What to produce: Only the number is wanted: how many lines of the listing below contain "fuel"?

Dataset content:
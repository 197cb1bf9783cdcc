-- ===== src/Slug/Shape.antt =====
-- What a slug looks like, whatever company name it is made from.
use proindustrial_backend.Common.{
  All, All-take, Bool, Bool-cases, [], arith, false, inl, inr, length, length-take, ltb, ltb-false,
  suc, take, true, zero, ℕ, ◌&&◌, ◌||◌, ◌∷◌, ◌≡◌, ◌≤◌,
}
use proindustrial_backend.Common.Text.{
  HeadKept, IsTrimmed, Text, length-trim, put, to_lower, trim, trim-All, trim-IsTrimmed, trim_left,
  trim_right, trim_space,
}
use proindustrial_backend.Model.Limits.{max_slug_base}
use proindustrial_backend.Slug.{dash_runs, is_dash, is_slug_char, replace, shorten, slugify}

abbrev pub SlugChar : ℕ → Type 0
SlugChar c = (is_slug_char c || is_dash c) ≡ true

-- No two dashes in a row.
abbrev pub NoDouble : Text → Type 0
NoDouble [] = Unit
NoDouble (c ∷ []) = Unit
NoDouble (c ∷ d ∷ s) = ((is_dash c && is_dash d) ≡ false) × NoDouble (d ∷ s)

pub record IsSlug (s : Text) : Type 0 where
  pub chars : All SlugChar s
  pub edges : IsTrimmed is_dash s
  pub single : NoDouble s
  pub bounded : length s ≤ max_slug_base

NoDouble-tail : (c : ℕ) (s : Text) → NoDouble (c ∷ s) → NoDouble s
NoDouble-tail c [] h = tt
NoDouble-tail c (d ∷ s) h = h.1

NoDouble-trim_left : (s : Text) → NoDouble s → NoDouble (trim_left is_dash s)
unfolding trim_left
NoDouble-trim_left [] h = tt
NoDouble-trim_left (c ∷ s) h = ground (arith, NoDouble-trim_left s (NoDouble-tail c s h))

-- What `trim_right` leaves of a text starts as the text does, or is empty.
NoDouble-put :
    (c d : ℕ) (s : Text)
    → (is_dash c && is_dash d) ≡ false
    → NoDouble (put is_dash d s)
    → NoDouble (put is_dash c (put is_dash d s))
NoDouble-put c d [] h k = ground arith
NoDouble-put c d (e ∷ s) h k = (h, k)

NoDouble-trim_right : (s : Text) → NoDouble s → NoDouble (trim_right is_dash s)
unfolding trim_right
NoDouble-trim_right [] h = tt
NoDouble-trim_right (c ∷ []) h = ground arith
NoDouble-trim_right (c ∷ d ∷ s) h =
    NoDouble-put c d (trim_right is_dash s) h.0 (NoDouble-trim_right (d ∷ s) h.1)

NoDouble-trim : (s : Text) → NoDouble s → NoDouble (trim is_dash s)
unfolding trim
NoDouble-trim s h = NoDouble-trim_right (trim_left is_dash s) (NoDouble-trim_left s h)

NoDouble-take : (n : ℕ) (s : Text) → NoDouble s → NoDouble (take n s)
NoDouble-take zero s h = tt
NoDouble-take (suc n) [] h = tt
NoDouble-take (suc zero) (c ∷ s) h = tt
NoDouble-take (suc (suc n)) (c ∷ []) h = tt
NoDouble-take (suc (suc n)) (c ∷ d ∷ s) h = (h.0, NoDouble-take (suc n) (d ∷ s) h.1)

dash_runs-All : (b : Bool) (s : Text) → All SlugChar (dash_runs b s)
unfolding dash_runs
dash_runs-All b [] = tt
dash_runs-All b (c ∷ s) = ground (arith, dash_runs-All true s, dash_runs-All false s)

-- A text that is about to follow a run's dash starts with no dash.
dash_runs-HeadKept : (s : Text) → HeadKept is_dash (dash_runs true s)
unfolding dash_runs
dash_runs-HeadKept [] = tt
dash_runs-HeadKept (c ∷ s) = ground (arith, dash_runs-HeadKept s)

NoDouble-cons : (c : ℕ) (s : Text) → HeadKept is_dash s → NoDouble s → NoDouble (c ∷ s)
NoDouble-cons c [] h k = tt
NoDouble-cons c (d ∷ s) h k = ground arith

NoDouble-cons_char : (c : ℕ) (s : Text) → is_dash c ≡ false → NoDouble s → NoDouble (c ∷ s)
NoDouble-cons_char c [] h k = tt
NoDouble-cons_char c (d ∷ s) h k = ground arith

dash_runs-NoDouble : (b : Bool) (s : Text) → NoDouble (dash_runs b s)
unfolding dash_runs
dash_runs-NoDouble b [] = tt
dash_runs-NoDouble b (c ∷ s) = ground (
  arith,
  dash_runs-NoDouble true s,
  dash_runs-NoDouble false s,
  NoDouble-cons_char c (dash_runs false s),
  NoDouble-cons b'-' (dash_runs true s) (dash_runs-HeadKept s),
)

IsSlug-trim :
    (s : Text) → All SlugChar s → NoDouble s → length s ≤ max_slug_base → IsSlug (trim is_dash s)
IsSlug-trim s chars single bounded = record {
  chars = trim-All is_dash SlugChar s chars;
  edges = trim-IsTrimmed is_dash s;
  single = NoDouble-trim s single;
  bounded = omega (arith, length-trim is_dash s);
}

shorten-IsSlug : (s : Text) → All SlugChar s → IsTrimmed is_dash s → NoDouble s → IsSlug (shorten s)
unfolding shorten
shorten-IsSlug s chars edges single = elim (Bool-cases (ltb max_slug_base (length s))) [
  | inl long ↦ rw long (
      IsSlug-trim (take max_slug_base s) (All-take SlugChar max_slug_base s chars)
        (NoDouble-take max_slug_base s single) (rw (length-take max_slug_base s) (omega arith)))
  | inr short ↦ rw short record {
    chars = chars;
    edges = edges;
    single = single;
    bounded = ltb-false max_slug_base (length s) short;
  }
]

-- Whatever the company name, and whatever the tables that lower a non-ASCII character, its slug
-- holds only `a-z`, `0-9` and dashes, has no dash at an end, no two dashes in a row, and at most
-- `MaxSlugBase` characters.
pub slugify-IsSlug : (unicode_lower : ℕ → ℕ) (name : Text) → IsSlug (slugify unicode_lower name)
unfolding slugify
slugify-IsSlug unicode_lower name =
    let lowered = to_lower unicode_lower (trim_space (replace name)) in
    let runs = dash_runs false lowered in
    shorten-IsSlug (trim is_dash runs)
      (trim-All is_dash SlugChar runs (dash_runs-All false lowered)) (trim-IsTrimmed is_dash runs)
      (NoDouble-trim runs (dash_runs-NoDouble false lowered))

---

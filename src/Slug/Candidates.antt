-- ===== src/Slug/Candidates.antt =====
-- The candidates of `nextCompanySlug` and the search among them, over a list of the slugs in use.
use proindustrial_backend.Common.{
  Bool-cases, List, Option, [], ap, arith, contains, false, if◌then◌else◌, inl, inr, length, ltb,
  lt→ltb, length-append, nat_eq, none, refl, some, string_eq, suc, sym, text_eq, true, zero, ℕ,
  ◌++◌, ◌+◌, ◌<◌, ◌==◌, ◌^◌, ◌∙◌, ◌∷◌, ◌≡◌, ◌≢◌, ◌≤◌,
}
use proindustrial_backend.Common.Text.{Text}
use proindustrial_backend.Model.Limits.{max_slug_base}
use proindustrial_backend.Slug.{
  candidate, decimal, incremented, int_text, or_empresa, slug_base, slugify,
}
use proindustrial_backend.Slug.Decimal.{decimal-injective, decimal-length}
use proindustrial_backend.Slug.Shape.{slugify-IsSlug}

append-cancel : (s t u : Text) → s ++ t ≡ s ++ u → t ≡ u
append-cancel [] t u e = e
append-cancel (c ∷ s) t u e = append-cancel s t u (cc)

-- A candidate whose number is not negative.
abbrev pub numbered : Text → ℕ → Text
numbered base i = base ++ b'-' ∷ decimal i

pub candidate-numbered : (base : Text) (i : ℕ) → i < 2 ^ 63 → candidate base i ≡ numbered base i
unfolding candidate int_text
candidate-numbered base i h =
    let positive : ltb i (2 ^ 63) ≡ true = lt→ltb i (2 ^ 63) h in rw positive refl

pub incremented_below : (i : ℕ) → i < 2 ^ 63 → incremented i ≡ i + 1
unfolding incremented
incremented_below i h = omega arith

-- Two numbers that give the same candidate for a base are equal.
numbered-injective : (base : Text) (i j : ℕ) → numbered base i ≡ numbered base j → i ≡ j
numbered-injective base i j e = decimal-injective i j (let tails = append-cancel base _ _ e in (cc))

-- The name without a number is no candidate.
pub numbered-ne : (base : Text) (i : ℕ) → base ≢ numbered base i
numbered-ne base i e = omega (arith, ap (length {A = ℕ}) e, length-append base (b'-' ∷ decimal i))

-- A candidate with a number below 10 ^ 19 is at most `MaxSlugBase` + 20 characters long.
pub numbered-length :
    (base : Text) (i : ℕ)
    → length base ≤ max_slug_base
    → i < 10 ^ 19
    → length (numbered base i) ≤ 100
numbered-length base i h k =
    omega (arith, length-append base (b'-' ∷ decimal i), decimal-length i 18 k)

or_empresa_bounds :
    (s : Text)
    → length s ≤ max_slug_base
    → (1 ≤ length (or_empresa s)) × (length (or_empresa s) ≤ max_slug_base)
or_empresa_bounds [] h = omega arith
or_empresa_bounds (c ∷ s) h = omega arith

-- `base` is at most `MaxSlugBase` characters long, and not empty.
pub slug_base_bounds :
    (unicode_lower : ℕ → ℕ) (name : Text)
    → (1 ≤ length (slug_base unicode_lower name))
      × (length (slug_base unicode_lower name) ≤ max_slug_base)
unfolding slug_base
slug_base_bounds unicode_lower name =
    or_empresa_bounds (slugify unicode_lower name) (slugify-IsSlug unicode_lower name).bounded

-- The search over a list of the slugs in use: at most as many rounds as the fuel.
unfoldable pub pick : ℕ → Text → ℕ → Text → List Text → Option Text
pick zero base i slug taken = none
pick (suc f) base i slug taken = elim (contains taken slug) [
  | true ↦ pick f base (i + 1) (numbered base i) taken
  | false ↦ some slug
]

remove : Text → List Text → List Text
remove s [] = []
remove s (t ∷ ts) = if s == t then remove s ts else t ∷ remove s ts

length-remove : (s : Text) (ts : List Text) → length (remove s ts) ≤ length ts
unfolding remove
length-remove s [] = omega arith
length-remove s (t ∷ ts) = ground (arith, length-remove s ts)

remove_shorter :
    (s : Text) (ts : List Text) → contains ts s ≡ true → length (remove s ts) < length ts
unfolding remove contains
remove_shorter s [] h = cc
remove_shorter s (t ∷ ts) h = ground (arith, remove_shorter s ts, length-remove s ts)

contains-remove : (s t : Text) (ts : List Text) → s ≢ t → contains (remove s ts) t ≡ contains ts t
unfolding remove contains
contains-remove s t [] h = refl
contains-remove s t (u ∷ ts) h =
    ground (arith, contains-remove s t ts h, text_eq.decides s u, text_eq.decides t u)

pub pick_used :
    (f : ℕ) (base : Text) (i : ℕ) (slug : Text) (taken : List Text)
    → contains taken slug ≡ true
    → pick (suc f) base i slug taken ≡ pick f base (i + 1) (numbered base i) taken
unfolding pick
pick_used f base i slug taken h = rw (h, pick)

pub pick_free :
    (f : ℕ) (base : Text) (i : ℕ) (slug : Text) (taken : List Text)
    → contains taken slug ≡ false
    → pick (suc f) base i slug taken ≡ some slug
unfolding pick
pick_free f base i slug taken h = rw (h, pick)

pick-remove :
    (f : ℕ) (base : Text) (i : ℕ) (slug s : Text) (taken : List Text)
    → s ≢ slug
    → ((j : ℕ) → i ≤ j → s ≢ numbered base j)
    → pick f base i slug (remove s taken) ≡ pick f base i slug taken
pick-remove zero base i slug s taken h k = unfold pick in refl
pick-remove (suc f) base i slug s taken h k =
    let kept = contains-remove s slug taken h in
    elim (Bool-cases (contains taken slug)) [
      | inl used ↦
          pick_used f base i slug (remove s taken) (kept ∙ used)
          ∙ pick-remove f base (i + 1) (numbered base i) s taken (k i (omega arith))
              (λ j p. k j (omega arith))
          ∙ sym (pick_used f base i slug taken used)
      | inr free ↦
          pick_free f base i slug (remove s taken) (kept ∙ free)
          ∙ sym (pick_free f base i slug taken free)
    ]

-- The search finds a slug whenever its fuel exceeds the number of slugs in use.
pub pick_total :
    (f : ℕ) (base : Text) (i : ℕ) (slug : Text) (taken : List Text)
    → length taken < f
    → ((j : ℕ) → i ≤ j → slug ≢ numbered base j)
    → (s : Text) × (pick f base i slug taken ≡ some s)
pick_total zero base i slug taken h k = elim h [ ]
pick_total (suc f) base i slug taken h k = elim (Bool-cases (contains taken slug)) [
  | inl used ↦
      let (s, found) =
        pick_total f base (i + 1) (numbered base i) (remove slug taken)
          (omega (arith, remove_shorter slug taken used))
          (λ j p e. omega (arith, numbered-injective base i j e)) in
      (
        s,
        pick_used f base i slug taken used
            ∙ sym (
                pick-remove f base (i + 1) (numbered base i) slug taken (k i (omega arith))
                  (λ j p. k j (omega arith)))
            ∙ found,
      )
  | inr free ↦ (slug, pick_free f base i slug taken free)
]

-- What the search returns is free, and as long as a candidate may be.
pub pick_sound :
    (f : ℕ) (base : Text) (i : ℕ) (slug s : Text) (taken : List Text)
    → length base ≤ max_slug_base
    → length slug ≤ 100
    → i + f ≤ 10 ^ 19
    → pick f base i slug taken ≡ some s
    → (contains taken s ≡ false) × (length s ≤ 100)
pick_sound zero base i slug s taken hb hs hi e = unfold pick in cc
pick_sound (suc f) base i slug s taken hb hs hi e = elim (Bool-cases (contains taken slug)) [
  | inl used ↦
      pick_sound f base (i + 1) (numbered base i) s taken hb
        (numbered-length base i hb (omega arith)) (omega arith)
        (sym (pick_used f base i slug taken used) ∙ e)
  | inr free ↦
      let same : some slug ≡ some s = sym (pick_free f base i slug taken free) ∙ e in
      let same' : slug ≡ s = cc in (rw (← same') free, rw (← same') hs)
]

Response for this exercise: 2